=== Begin Enclosure ===
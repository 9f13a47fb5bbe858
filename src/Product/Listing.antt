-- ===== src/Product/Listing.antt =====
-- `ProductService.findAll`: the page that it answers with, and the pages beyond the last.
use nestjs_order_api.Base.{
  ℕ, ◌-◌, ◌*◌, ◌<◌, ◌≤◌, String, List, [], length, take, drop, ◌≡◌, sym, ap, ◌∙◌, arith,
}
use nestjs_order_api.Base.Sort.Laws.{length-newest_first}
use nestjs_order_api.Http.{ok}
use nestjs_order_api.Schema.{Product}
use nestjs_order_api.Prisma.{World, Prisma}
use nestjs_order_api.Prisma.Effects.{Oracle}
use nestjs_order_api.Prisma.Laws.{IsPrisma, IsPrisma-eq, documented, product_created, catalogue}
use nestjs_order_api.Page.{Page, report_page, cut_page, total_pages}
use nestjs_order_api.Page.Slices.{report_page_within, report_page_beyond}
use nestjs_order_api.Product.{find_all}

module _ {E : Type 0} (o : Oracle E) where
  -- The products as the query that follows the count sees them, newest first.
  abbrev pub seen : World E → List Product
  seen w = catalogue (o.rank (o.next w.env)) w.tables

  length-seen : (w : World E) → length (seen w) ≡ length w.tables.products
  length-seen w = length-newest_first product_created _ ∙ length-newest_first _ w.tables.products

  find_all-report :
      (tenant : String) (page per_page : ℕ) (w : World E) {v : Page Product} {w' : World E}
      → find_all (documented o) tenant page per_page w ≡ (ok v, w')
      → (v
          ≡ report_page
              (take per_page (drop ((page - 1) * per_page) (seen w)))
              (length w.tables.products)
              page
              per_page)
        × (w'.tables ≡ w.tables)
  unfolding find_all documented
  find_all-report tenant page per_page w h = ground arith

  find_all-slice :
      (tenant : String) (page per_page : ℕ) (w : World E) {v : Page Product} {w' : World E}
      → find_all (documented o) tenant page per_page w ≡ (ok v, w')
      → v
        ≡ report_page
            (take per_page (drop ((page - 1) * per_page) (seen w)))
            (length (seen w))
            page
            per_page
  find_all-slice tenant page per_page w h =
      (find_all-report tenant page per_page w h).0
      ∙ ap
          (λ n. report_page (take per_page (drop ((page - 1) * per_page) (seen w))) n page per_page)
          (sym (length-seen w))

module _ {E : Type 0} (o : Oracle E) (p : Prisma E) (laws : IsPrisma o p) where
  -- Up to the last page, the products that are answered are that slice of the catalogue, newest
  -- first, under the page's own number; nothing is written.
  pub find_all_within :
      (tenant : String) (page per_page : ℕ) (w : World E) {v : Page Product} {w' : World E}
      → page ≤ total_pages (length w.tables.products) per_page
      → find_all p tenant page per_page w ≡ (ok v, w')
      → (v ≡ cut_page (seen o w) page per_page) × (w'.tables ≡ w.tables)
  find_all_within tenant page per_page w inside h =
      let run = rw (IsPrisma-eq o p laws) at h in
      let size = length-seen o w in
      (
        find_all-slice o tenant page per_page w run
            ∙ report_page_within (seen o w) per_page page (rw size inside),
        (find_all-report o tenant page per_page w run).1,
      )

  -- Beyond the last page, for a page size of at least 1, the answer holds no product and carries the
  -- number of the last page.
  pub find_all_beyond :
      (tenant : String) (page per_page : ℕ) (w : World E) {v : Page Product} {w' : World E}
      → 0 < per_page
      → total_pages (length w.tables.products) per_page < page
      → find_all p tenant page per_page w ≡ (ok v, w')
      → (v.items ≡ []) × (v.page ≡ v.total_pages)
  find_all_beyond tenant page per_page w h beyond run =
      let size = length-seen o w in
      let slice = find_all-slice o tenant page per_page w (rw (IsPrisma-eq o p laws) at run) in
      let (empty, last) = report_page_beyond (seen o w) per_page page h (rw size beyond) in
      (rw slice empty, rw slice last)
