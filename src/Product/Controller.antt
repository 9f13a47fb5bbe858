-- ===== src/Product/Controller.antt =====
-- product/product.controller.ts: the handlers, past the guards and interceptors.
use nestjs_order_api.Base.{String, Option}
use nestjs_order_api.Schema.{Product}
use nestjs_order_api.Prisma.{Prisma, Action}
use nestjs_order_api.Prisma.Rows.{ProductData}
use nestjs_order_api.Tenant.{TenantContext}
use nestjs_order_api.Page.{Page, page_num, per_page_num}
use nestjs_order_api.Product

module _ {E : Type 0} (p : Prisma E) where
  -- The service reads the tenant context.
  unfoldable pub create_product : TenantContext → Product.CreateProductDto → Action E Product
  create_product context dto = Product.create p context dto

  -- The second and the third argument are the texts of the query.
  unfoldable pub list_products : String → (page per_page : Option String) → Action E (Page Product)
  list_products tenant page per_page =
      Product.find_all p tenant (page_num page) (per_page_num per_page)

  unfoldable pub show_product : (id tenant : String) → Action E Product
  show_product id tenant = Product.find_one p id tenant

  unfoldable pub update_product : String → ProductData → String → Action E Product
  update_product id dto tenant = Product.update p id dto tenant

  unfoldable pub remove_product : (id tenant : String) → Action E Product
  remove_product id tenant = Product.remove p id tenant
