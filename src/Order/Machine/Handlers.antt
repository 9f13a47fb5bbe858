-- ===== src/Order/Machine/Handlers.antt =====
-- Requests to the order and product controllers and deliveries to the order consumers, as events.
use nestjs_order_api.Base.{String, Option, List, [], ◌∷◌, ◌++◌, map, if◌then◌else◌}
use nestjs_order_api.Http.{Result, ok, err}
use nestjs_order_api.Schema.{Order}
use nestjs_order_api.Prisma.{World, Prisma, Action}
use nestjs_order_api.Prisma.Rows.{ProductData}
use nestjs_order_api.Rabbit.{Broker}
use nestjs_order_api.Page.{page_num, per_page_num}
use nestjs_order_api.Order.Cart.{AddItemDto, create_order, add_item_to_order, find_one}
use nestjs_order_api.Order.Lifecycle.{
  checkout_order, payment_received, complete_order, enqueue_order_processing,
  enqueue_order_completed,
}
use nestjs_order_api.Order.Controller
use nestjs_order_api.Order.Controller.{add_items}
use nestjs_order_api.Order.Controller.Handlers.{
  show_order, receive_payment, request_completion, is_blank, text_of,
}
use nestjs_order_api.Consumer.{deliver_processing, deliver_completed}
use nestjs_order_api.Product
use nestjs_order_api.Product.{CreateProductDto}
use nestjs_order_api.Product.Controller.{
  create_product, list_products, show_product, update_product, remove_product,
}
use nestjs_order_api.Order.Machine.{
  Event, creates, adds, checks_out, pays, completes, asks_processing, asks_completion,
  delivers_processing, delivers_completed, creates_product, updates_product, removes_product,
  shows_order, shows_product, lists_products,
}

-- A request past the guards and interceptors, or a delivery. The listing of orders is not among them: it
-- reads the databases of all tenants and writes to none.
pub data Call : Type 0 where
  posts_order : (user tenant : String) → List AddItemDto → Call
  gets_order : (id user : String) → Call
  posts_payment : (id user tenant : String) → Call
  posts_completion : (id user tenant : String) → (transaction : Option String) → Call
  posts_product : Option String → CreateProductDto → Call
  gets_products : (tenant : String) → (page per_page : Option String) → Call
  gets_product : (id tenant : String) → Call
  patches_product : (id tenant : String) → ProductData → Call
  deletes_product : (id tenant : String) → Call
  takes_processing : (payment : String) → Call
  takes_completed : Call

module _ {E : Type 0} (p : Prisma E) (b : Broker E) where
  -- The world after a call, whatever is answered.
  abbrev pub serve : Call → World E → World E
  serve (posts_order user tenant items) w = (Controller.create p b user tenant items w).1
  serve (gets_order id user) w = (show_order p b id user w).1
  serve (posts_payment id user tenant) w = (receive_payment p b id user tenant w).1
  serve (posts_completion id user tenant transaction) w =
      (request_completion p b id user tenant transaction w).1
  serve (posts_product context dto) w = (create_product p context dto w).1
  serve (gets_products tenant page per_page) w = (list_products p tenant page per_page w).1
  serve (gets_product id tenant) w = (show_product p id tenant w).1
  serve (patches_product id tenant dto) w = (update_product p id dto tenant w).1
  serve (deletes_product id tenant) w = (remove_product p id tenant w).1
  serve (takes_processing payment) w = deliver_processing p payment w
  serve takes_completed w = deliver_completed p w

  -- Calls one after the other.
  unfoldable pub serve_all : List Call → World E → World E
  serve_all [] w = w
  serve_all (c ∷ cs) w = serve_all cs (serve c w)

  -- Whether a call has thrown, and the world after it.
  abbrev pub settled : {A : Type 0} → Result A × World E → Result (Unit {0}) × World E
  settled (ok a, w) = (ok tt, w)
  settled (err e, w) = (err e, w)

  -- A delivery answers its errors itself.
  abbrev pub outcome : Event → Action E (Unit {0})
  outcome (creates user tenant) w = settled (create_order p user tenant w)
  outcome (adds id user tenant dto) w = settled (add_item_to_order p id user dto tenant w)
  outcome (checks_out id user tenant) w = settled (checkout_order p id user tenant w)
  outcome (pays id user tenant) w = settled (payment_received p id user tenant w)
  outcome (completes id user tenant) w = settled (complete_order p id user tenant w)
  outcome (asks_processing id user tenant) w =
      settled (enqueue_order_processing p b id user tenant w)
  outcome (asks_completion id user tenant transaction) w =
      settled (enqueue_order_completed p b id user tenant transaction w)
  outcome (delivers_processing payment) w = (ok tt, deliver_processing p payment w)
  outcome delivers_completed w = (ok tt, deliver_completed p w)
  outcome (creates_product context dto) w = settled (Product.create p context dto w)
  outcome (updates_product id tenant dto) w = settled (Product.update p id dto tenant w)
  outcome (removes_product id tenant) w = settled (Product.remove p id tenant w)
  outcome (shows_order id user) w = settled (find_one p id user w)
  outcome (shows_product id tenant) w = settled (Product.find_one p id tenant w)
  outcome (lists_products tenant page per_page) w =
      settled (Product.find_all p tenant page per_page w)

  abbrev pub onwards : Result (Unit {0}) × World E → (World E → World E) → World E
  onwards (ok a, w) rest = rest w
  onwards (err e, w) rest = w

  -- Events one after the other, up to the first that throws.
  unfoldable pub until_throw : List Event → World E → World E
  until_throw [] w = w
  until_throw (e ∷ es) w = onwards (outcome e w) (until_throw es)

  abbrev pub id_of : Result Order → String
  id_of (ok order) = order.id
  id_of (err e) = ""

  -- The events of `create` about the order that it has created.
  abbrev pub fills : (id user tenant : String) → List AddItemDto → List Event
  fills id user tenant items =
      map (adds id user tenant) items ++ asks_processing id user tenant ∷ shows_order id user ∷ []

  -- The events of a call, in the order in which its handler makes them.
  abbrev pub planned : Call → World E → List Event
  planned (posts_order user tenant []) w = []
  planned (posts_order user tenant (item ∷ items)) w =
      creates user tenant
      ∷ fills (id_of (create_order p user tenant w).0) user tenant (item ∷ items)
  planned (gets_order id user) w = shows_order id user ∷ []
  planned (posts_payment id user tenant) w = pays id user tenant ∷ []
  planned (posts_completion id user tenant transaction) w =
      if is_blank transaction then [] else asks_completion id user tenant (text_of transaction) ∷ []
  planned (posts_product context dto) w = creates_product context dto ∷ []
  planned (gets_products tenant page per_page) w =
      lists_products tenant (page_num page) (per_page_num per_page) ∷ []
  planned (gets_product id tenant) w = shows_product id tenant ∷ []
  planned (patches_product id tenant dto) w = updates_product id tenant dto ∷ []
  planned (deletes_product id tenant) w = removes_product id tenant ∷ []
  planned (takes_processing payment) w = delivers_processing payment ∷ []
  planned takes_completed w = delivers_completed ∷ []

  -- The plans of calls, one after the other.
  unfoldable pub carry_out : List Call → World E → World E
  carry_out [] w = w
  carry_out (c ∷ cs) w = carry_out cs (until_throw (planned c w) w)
=== End Enclosure ===
Write out each line above containing "else".

use nestjs_order_api.Base.{String, Option, List, [], ◌∷◌, ◌++◌, map, if◌then◌else◌}
      if is_blank transaction then [] else asks_completion id user tenant (text_of transaction) ∷ []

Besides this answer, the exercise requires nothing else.